PURPOSE: Molecular diagnosis methods have been largely used in epidemiological or clinical studies to detect and quantify microbial species that may colonize the oral cavity in healthy or disease. The preservation of genetic material from samples remains the major challenge to ensure the feasibility of these methodologies. Long-term storage may compromise the final result. The aim of this study was to evaluate the effect of temperature and time storage on the microbial detection of oral samples by Checkerboard DNA-DNA hybridization. METHODS: Saliva and supragingival biofilm were taken from 10 healthy subjects, aliquoted (n=364) and processed according to proposed protocols: immediate processing and processed after 2 or 4 weeks, and 6 or 12 months of storage at 4°C, -20°C and -80°C. RESULTS: Either total or individual microbial counts were recorded in lower values for samples processed after 12 months of storage, irrespective of temperatures tested. Samples stored up to 6 months at cold temperatures showed similar counts to those immediately processed. The microbial incidence was also significantly reduced in samples stored during 12 months in all temperatures. CONCLUSIONS: Temperature and time of oral samples storage have relevant impact in the detection and quantification of bacterial and fungal species by Checkerboard DNA-DNA hybridization method. Samples should be processed immediately after collection or up to 6 months if conserved at cold temperatures to avoid false-negative results.

Use of the checkerboard DNA-DNA hybridization technique for bacteria detection in Aedes aegypti (Diptera:Culicidae) (L.).
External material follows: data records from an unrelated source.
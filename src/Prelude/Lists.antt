-- ===== src/Prelude/Lists.antt =====
-- Lists as tables: measures, membership tests, and the reads and writes of a table.
use Prim.Native.Nat.{ℕ, suc, ◌+◌, ◌≤◌}
use mathlib.Core.Path.{◌≡◌, refl, ap, sym, subst}
use mathlib.Core.Logic.{inl, inr, ◌⊎◌}
use mathlib.Core.Bool.{Bool, true, false, ◌||◌}
use mathlib.Core.List.{List, [], ◌∷◌, ◌++◌}
use mathlib.Core.Option.{Option, none, some}
use native.Mathlib.Omega.{arith}
use pulso_crm.Prelude.Tests.{Bool-cases, ◌==◌, if◌then◌else◌, is_some}

module _ {ℓ} {A : Type ℓ} where
  abbrev pub length : List A → ℕ
  length [] = 0
  length (x ∷ xs) = suc (length xs)

  -- `findFirst({ where })`: the first row that fits.
  abbrev pub find_first : (A → Bool) → List A → Option A
  find_first p [] = none
  find_first p (x ∷ xs) = if p x then some x else find_first p xs

  -- `updateMany({ where, data })`.
  abbrev pub update_where : (A → Bool) → (A → A) → List A → List A
  update_where p f [] = []
  update_where p f (x ∷ xs) = (if p x then f x else x) ∷ update_where p f xs

  -- `findMany({ where })`.
  abbrev pub find_many : (A → Bool) → List A → List A
  find_many p [] = []
  find_many p (x ∷ xs) = if p x then x ∷ find_many p xs else find_many p xs

  -- `count({ where })`.
  abbrev pub count_where : (A → Bool) → List A → ℕ
  count_where p [] = 0
  count_where p (x ∷ xs) = if p x then suc (count_where p xs) else count_where p xs

module _ {ℓ κ} {A : Type ℓ} where
  abbrev pub All : (A → Type κ) → List A → Type κ
  All P [] = Unit
  All P (x ∷ xs) = P x × All P xs

-- `xs.includes(a)`.
abbrev pub includes : ℕ → List ℕ → Bool
includes a [] = false
includes a (x ∷ xs) = a == x || includes a xs

pub eq_of_some {ℓ} : {A : Type ℓ} {a b : A} → some a ≡ some b → a ≡ b
eq_of_some e = cc

module _ {ℓ} {A : Type ℓ} where
  pub find_first-fits : (p : A → Bool) (xs : List A) {a : A} → find_first p xs ≡ some a → p a ≡ true
  find_first-fits p [] e = cc
  find_first-fits p (x ∷ xs) e = elim (Bool-cases (p x)) [
    | inl h ↦ subst (λ y. p y ≡ true) (eq_of_some (rw h at e)) h
    | inr h ↦ find_first-fits p xs (rw h at e)
  ]

module _ {ℓ κ} {A : Type ℓ} (P : A → Type κ) where
  pub All-find_first :
      (p : A → Bool) (xs : List A) {a : A} → All P xs → find_first p xs ≡ some a → P a
  All-find_first p [] h e = cc
  All-find_first p (x ∷ xs) h e = elim (Bool-cases (p x)) [
    | inl k ↦ subst P (eq_of_some (rw k at e)) h.0
    | inr k ↦ All-find_first p xs h.1 (rw k at e)
  ]

  pub All-append : (xs : List A) {x : A} → All P xs → P x → All P (xs ++ x ∷ [])
  All-append [] h p = (p, tt)
  All-append (y ∷ xs) h p = (h.0, All-append xs h.1 p)

module _ {ℓ κ} {A : Type ℓ} (P Q : A → Type κ) where
  pub All-map : (xs : List A) → ((a : A) → P a → Q a) → All P xs → All Q xs
  All-map [] f h = tt
  All-map (x ∷ xs) f h = (f x h.0, All-map xs f h.1)

  -- A write keeps a property if it gives it to the rows that it changes.
  pub All-update_where :
      (p : A → Bool) (f : A → A) (xs : List A)
      → ((a : A) → p a ≡ true → P a → Q (f a))
      → ((a : A) → p a ≡ false → P a → Q a)
      → All P xs
      → All Q (update_where p f xs)
  All-update_where p f [] new old h = tt
  All-update_where p f (x ∷ xs) new old h = (
    elim (Bool-cases (p x)) [ inl e ↦ rw e (new x e h.0) | inr e ↦ rw e (old x e h.0) ],
    All-update_where p f xs new old h.1,
  )

pub All-Unit {ℓ} : {A : Type ℓ} (xs : List A) → All (λ (a : A). Unit {0}) xs
All-Unit [] = tt
All-Unit (x ∷ xs) = (tt, All-Unit xs)

module _ {ℓ} {A : Type ℓ} where
  -- What is found stays found when rows are added.
  pub find_first-append :
      (p : A → Bool) (xs ys : List A) {a : A}
      → find_first p xs ≡ some a
      → find_first p (xs ++ ys) ≡ some a
  find_first-append p [] ys e = cc
  find_first-append p (x ∷ xs) ys e = elim (Bool-cases (p x)) [
    | inl h ↦ rw h (rw h at e)
    | inr h ↦ rw h (find_first-append p xs ys (rw h at e))
  ]

  -- A write to the rows that a test finds is what the same test finds next, if it still fits.
  pub find_first-update_where :
      (p : A → Bool) (f : A → A) (xs : List A) {a : A}
      → ((x : A) → p x ≡ true → p (f x) ≡ true)
      → find_first p xs ≡ some a
      → find_first p (update_where p f xs) ≡ some (f a)
  find_first-update_where p f [] fits e = cc
  find_first-update_where p f (x ∷ xs) fits e = elim (Bool-cases (p x)) [
    | inl h ↦ rw h (rw (fits x h) (ap (λ y. some (f y)) (eq_of_some (rw h at e))))
    | inr h ↦ rw h (rw h (find_first-update_where p f xs fits (rw h at e)))
  ]

module _ {ℓ} {A : Type ℓ} (p : A → Bool) where
  pub count_where-append :
      (xs : List A) (x : A)
      → count_where p (xs ++ x ∷ []) ≡ count_where p xs + (if p x then 1 else 0)
  count_where-append [] x = elim (Bool-cases (p x)) [ inl h ↦ rw h refl | inr h ↦ rw h refl ]
  count_where-append (y ∷ xs) x = elim (Bool-cases (p y)) [
    | inl h ↦ rw h (rw (count_where-append xs x) (omega arith))
    | inr h ↦ rw h (count_where-append xs x)
  ]

  -- What is not found does not count.
  pub count_where-none : (xs : List A) → is_some (find_first p xs) ≡ false → count_where p xs ≡ 0
  count_where-none [] e = refl
  count_where-none (x ∷ xs) e = elim (Bool-cases (p x)) [
    | inl h ↦ cc (rw h at e)
    | inr h ↦ rw h (count_where-none xs (rw h at e))
  ]

  -- A write that makes no row fit leaves at most the rows that fitted.
  pub count_where-update_where :
      (q : A → Bool) (f : A → A) (xs : List A)
      → ((x : A) → p x ≡ false → p (f x) ≡ false)
      → count_where p (update_where q f xs) ≤ count_where p xs
  count_where-update_where q f [] keeps = omega arith
  count_where-update_where q f (x ∷ xs) keeps =
      let rest = count_where-update_where q f xs keeps in
      elim (Bool-cases (q x)) [
        | inr same ↦
            rw same (elim (Bool-cases (p x)) [ inl h ↦ rw h (omega arith) | inr h ↦ rw h rest ])
        | inl new ↦ rw new (elim (Bool-cases (p x)) [
          | inl h ↦ rw h (elim (Bool-cases (p (f x))) [
            | inl k ↦ rw k (omega arith)
            | inr k ↦ rw k (omega arith)
          ])
          | inr h ↦ rw (h, keeps x h) rest
        ])
      ]

module _ {ℓ} {A : Type ℓ} where
  -- A write to rows that do not fit before or after is not seen.
  pub find_first-update_other :
      (p q : A → Bool) (f : A → A) (xs : List A)
      → ((x : A) → q x ≡ true → (p x ≡ false) × (p (f x) ≡ false))
      → find_first p (update_where q f xs) ≡ find_first p xs
  find_first-update_other p q f [] apart = refl
  find_first-update_other p q f (x ∷ xs) apart = elim (Bool-cases (q x)) [
    | inl h ↦
        let (old, new) = apart x h in rw (h, old, new) (find_first-update_other p q f xs apart)
    | inr h ↦ rw h (elim (Bool-cases (p x)) [
      | inl k ↦ rw k refl
      | inr k ↦ rw k (find_first-update_other p q f xs apart)
    ])
  ]

-- What is found, after a write.
abbrev pub updated {ℓ} : {A : Type ℓ} → (A → Bool) → (A → A) → Option A → Option A
updated q f none = none
updated q f (some x) = some (if q x then f x else x)

module _ {ℓ} {A : Type ℓ} where
  -- A write that a test does not see is applied to what the test finds.
  pub find_first-update_kept :
      (p q : A → Bool) (f : A → A) (xs : List A)
      → ((x : A) → p (f x) ≡ p x)
      → find_first p (update_where q f xs) ≡ updated q f (find_first p xs)
  find_first-update_kept p q f [] kept = refl
  find_first-update_kept p q f (x ∷ xs) kept = elim (Bool-cases (q x)) [
    | inl h ↦ elim (Bool-cases (p x)) [
      | inl k ↦ rw (h, kept x, k) (ap some (rw h refl))
      | inr k ↦ rw (h, kept x, k) (find_first-update_kept p q f xs kept)
    ]
    | inr h ↦ elim (Bool-cases (p x)) [
      | inl k ↦ rw (h, k) (ap some (rw h refl))
      | inr k ↦ rw (h, k) (find_first-update_kept p q f xs kept)
    ]
  ]

  -- A row that is found once another has been added was there, or is the new one.
  pub find_first-append_cases :
      (p : A → Bool) (xs : List A) (y : A) {a : A}
      → find_first p (xs ++ y ∷ []) ≡ some a
      → (find_first p xs ≡ some a) ⊎ (a ≡ y)
  find_first-append_cases p [] y e = elim (Bool-cases (p y)) [
    | inl h ↦ inr (eq_of_some (sym (rw h at e)))
    | inr h ↦ cc (rw h at e)
  ]
  find_first-append_cases p (x ∷ xs) y e = elim (Bool-cases (p x)) [
    | inl h ↦ inl (rw h (rw h at e))
    | inr h ↦ rw h (find_first-append_cases p xs y (rw h at e))
  ]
BACKGROUND: Bacteria associated with insects can have a substantial impact on the biology and life cycle of their host. The checkerboard DNA-DNA hybridization technique is a semi-quantitative technique that has been previously employed in odontology to detect and quantify a variety of bacterial species in dental samples. Here we tested the applicability of the checkerboard DNA-DNA hybridization technique to detect the presence of Aedes aegypti-associated bacterial species in larvae, pupae and adults of A. aegypti. FINDINGS: Using the checkerboard DNA-DNA hybridization technique we could detect and estimate the number of four bacterial species in total DNA samples extracted from A. aegypti single whole individuals and midguts. A. aegypti associated bacterial species were also detected in the midgut of four other insect species, Lutzomyia longipalpis, Drosophila melanogaster, Bradysia hygida and Apis mellifera. CONCLUSIONS: Our results demonstrate that the checkerboard DNA-DNA hybridization technique can be employed to study the microbiota composition of mosquitoes. The method has the sensitivity to detect bacteria in single individuals, as well as in a single organ, and therefore can be employed to evaluate the differences in bacterial counts amongst individuals in a given mosquito population. We suggest that the checkerboard DNA-DNA hybridization technique is a straightforward technique that can be widely used for the characterization of the microbiota in mosquito populations.